Nowe okręty podwodne dla polskiej marynarki wojennej mogą być budowane przy udziale polskich stoczni i z uwzględnieniem zakładu w Szczecinie - mówi minister obrony narodowej Antoni Macierewicz.
- Szansa jest na bardzo wiele rzeczy, ale dopóki nie zostaną zakończone rokowania z potencjalnym współwykonawcą tych okrętów, nie chciałbym decydować, w której ze stoczni będą one ulokowane, ale na pewno bardzo istotna część produkcji okrętów podwodnych będzie realizowana w stoczniach polskich. Trudno jest mi sobie wyobrazić, żeby nie dotyczyło to także stoczni szczecińskich - wyjaśnia Antoni Macierewicz.
MON w październiku ogłosiło przetarg na budowę trzech nowych okrętów podwodnych dla polskiej marynarki wojennej.
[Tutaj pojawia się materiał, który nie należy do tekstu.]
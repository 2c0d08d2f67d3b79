-- ===== src/Workflow/Attempts/Exclusive.antt =====
-- Which attempts can be active together, over every sequence of transactions.
use code_fleet.Prelude.{
  ℕ, ◌≤◌, ◌≡◌, refl, sym, subst, inl, inr, Bool, true, false, Option, List, [], ◌∷◌, ◌++◌, map,
  Text, ◌==◌, any, keep, length, ok, All, Bool-cases, arith,
}
use code_fleet.Alpha.Contract.{Contract}
use code_fleet.Workflow.{Workflow, parallel_limit, item_of}
use code_fleet.Workflow.Attempts.{
  Run, Attempt, Db, Guard, final_id, is_started, active, clashes, reserve, close, finish,
  approve_workflow, revoke_workflow,
}
use code_fleet.Workflow.Attempts.Admitted.{}

pub All-of_any {ℓ} :
    {A : Type ℓ} (p : A → Bool) (xs : List A) → any p xs ≡ false → All (λ x. p x ≡ false) xs
All-of_any p [] h = tt
All-of_any p (x ∷ xs) h = (ground arith, All-of_any p xs (ground arith))

pub All-snoc {ℓ κ} :
    {A : Type ℓ} (P : A → Type κ) (xs : List A) (x : A) → All P xs → P x → All P (xs ++ x ∷ [])
All-snoc P [] x h p = (p, tt)
All-snoc P (y ∷ ys) x h p = (h.0, All-snoc P ys x h.1 p)

pub keep-snoc :
    (xs : List Attempt) (a : Attempt)
    → is_started a ≡ true
    → keep is_started (xs ++ a ∷ []) ≡ keep is_started xs ++ a ∷ []
keep-snoc [] a h = rw h refl
keep-snoc (b ∷ xs) a h = ground (arith, keep-snoc xs a h)

-- What one transaction does; `workflow_of` is the approved workflow of each run.
pub data Step (hash_contract : Contract → Text) (hash_policy : Bool → Text) (guard : Option Guard)
    (workflow_of : Text → Workflow) (db db' : Db) : Type 0 where
  reserves :
      (t₁ t₂ : ℕ) (run : Run) (owner item_id child_id : Text) (contract : Contract)
      → run.contract ≡ workflow_of run.id
      → reserve hash_contract hash_policy guard t₁ t₂ run owner item_id child_id contract db
        ≡ ok db'
      → Step hash_contract hash_policy guard workflow_of db db'
  finishes :
      (now : ℕ) (run : Run) (owner item_id status : Text)
      → finish now run owner item_id status db ≡ ok db'
      → Step hash_contract hash_policy guard workflow_of db db'
  approvals :
      (fileset : Text → Option (Option Text)) (actor workflow_hash : Text) (expires now : ℕ)
      (run_id : Text)
      → approve_workflow fileset actor workflow_hash expires now run_id db ≡ ok db'
      → Step hash_contract hash_policy guard workflow_of db db'
  revokes :
      (actor run_id : Text)
      → revoke_workflow actor run_id db ≡ ok db'
      → Step hash_contract hash_policy guard workflow_of db db'

pub data Reach (hash_contract : Contract → Text) (hash_policy : Bool → Text) (guard : Option Guard)
    (workflow_of : Text → Workflow) (db : Db) : Db → Type 0 where
  here : Reach hash_contract hash_policy guard workflow_of db db
  next :
      {db' db'' : Db}
      → Reach hash_contract hash_policy guard workflow_of db db'
      → Step hash_contract hash_policy guard workflow_of db' db''
      → Reach hash_contract hash_policy guard workflow_of db db''

module _ (workflow_of : Text → Workflow) where
  -- The later attempt `b` may stand beside `a`: they are of one run, neither is its final attempt, and
  -- their items share no file and no resource.
  pub record Beside (a_run a_item b_run b_item : Text) : Type 0 where
    pub same_run : a_run ≡ b_run
    pub not_final : a_item == final_id ≡ false
    pub later_not_final : b_item == final_id ≡ false
    pub apart :
        clashes
          (item_of (workflow_of b_run).items b_item)
          (item_of (workflow_of b_run).items a_item)
        ≡ false

  abbrev pub After : Attempt → Attempt → Type 0
  After a b = Beside a.run_id a.item_id b.run_id b.item_id

  abbrev pub Apart : List Attempt → Type 0
  Apart [] = Unit
  Apart (a ∷ xs) = All (After a) xs × Apart xs

  -- Any two active attempts may stand together, and there are no more than the limit of their run.
  pub record IsExclusive (db : Db) : Type 0 where
    pub apart : Apart (active db)
    pub limited : All (λ a. length (active db) ≤ parallel_limit (workflow_of a.run_id)) (active db)

  pub Apart-snoc :
      (xs : List Attempt) (b : Attempt) → Apart xs → All (λ a. After a b) xs → Apart (xs ++ b ∷ [])
  Apart-snoc [] b h k = (tt, tt)
  Apart-snoc (a ∷ xs) b h k = (All-snoc (After a) xs b h.0 k.0, Apart-snoc xs b h.1 k.1)

  module _ (status run_id item_id : Text) where
    close-run_id : (a : Attempt) → (close status run_id item_id a).run_id ≡ a.run_id
    unfolding close
    close-run_id a = ground arith

    close-item_id : (a : Attempt) → (close status run_id item_id a).item_id ≡ a.item_id
    unfolding close
    close-item_id a = ground arith

    -- An attempt that has ended stays ended.
    close-ended :
        (a : Attempt) → is_started a ≡ false → is_started (close status run_id item_id a) ≡ false
    unfolding close
    close-ended a h = ground arith

    abbrev closed : List Attempt → List Attempt
    closed xs = map (close status run_id item_id) xs

    pub All-closed :
        (P : Text → Text → Type 0) (xs : List Attempt)
        → All (λ a. P a.run_id a.item_id) (keep is_started xs)
        → All (λ a. P a.run_id a.item_id) (keep is_started (closed xs))
    All-closed P [] h = tt
    All-closed P (a ∷ xs) h = elim (Bool-cases (is_started a)) [
      | inr ended ↦ rw (close-ended a ended) (All-closed P xs (rw ended at h))
      | inl going ↦
          let k : P a.run_id a.item_id × All (λ a. P a.run_id a.item_id) (keep is_started xs) =
            rw going at h in
          elim (Bool-cases (is_started (close status run_id item_id a))) [
            | inl still ↦ rw still (
              subst (λ i. P (close status run_id item_id a).run_id i) (sym (close-item_id a))
                  (subst (λ r. P r a.item_id) (sym (close-run_id a)) k.0),
              All-closed P xs k.1,
            )
            | inr done ↦ rw done (All-closed P xs k.1)
          ]
    ]

    pub length-closed :
        (xs : List Attempt) → length (keep is_started (closed xs)) ≤ length (keep is_started xs)
    length-closed [] = omega arith
    length-closed (a ∷ xs) = ground (arith, close-ended a, length-closed xs)

    pub Apart-closed :
        (xs : List Attempt) → Apart (keep is_started xs) → Apart (keep is_started (closed xs))
    Apart-closed [] h = tt
    Apart-closed (a ∷ xs) h = elim (Bool-cases (is_started a)) [
      | inr ended ↦ rw (close-ended a ended) (Apart-closed xs (rw ended at h))
      | inl going ↦
          let k : All (After a) (keep is_started xs) × Apart (keep is_started xs) = rw going at h in
          elim (Bool-cases (is_started (close status run_id item_id a))) [
            | inl still ↦ rw still (
              subst
                  (λ i.
                    All (λ b. Beside (close status run_id item_id a).run_id i b.run_id b.item_id)
                      (keep is_started (closed xs)))
                  (sym (close-item_id a))
                  (subst
                    (λ r.
                      All (λ b. Beside r a.item_id b.run_id b.item_id)
                        (keep is_started (closed xs)))
                    (sym (close-run_id a))
                    (All-closed (λ r i. Beside a.run_id a.item_id r i) xs k.0)),
              Apart-closed xs k.1,
            )
            | inr done ↦ rw done (Apart-closed xs k.1)
          ]
    ]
Koszt inwestycji szacowany jest na 10 miliardów złotych. Zamawiane przez resort okręty mają być wyposażone w pociski manewrujące klasy woda-ziemia wystrzeliwane spod wody o zasięgu minimum 700 kilometrów. Ponadto muszą być zdolne do przebywania pod wodą bez wynurzania przez minimum dwa tygodnie.
O kontrakt ubiegają się firmy z Francji, Niemiec i Szwecji. Negocjacje trwają.